▶ _Exercise_
From the data below, return the exact lines starting at the line containing "unfolding Writer.close" and ending at the line containing "-- writers have", both included, and nothing else.

***

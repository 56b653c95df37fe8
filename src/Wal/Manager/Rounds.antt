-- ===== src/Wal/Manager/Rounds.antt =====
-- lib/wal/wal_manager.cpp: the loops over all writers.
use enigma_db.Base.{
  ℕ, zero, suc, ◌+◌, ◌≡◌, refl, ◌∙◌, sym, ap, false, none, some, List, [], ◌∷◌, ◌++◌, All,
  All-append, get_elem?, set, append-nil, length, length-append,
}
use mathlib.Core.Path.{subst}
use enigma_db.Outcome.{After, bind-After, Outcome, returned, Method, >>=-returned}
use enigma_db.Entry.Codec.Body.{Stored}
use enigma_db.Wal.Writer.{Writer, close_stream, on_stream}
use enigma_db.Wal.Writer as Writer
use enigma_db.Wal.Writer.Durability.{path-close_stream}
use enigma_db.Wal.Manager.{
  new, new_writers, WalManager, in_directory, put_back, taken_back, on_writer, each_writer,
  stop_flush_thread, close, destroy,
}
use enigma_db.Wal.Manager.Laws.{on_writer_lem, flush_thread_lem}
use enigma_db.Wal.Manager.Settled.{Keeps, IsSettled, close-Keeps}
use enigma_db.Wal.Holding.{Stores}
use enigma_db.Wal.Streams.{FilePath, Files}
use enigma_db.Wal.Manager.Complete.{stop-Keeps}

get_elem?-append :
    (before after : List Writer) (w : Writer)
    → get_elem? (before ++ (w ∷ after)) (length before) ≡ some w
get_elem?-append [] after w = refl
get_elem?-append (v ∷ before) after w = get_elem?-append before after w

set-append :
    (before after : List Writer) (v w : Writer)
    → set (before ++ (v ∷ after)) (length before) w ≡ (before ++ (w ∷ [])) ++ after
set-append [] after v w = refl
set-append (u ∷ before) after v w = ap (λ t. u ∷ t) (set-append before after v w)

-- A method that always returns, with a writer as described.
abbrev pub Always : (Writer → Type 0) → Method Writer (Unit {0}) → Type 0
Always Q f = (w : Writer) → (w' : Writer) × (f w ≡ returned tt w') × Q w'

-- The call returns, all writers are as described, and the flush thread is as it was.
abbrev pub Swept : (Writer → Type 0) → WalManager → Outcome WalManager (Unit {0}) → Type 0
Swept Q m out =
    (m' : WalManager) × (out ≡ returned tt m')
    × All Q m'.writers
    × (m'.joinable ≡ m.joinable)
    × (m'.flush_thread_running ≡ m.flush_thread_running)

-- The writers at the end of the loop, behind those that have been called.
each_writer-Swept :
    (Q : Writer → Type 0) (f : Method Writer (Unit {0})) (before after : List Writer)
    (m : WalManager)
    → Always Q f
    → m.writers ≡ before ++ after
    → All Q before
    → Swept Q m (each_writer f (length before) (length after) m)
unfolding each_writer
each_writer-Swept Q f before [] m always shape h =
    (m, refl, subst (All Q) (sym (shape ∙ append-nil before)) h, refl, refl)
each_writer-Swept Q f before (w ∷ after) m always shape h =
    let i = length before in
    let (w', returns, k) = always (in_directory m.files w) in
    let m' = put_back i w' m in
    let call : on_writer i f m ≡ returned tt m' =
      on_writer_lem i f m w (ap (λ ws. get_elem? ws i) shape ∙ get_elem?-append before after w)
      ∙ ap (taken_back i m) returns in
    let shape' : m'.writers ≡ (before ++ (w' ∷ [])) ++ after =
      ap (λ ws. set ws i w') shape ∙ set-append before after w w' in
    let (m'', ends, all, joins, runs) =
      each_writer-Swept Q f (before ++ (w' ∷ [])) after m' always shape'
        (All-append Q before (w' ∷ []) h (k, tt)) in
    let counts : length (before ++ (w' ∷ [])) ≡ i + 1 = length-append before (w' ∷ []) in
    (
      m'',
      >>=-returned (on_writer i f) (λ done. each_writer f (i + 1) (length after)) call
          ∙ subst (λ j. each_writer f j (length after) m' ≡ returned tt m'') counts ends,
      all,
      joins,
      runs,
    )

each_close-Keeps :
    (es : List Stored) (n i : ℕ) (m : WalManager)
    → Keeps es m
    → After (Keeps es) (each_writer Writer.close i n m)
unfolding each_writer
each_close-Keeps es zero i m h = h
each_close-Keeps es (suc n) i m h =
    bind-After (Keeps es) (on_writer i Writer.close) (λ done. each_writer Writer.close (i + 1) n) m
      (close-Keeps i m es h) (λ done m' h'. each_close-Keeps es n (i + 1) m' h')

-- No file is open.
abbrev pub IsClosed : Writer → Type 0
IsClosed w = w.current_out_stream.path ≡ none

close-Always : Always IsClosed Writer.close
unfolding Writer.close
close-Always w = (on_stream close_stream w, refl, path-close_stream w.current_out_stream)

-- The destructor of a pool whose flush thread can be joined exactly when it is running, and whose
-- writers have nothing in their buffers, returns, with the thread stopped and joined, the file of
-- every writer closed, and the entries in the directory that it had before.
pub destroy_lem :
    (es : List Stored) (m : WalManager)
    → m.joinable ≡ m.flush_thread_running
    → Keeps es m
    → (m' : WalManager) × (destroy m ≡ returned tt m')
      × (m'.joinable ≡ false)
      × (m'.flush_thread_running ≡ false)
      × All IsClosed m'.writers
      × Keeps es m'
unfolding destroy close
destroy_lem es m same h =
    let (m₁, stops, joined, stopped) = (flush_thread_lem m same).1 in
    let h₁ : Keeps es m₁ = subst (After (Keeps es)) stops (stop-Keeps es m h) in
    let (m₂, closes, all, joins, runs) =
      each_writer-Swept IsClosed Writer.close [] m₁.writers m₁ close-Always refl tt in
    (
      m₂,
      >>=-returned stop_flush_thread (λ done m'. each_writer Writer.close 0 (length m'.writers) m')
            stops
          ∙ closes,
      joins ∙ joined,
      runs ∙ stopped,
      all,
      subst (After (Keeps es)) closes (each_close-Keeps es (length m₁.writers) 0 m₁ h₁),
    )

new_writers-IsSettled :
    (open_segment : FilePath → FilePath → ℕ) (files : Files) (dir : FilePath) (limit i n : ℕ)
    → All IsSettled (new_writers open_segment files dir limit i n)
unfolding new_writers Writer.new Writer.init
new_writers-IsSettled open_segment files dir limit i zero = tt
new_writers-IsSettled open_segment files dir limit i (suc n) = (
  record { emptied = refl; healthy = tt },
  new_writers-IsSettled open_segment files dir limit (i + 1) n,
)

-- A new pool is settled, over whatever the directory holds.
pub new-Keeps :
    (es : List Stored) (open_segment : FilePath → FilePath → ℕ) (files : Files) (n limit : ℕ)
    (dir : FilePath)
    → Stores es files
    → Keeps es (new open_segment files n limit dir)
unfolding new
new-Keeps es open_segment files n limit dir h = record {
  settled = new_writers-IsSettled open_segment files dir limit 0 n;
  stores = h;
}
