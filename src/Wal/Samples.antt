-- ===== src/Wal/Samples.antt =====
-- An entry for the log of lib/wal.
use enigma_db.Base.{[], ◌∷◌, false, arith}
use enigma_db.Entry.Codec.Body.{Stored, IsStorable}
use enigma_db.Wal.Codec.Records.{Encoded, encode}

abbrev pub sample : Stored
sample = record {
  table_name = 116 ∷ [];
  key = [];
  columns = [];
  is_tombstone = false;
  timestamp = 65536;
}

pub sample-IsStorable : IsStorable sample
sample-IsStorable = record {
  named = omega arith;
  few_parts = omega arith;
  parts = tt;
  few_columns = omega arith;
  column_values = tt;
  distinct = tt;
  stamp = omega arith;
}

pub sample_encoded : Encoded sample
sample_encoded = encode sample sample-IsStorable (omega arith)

***

▶ _Solution to the problem_
unfolding Writer.close
close-Always w = (on_stream close_stream w, refl, path-close_stream w.current_out_stream)

-- The destructor of a pool whose flush thread can be joined exactly when it is running, and whose
-- writers have nothing in their buffers, returns, with the thread stopped and joined, the file of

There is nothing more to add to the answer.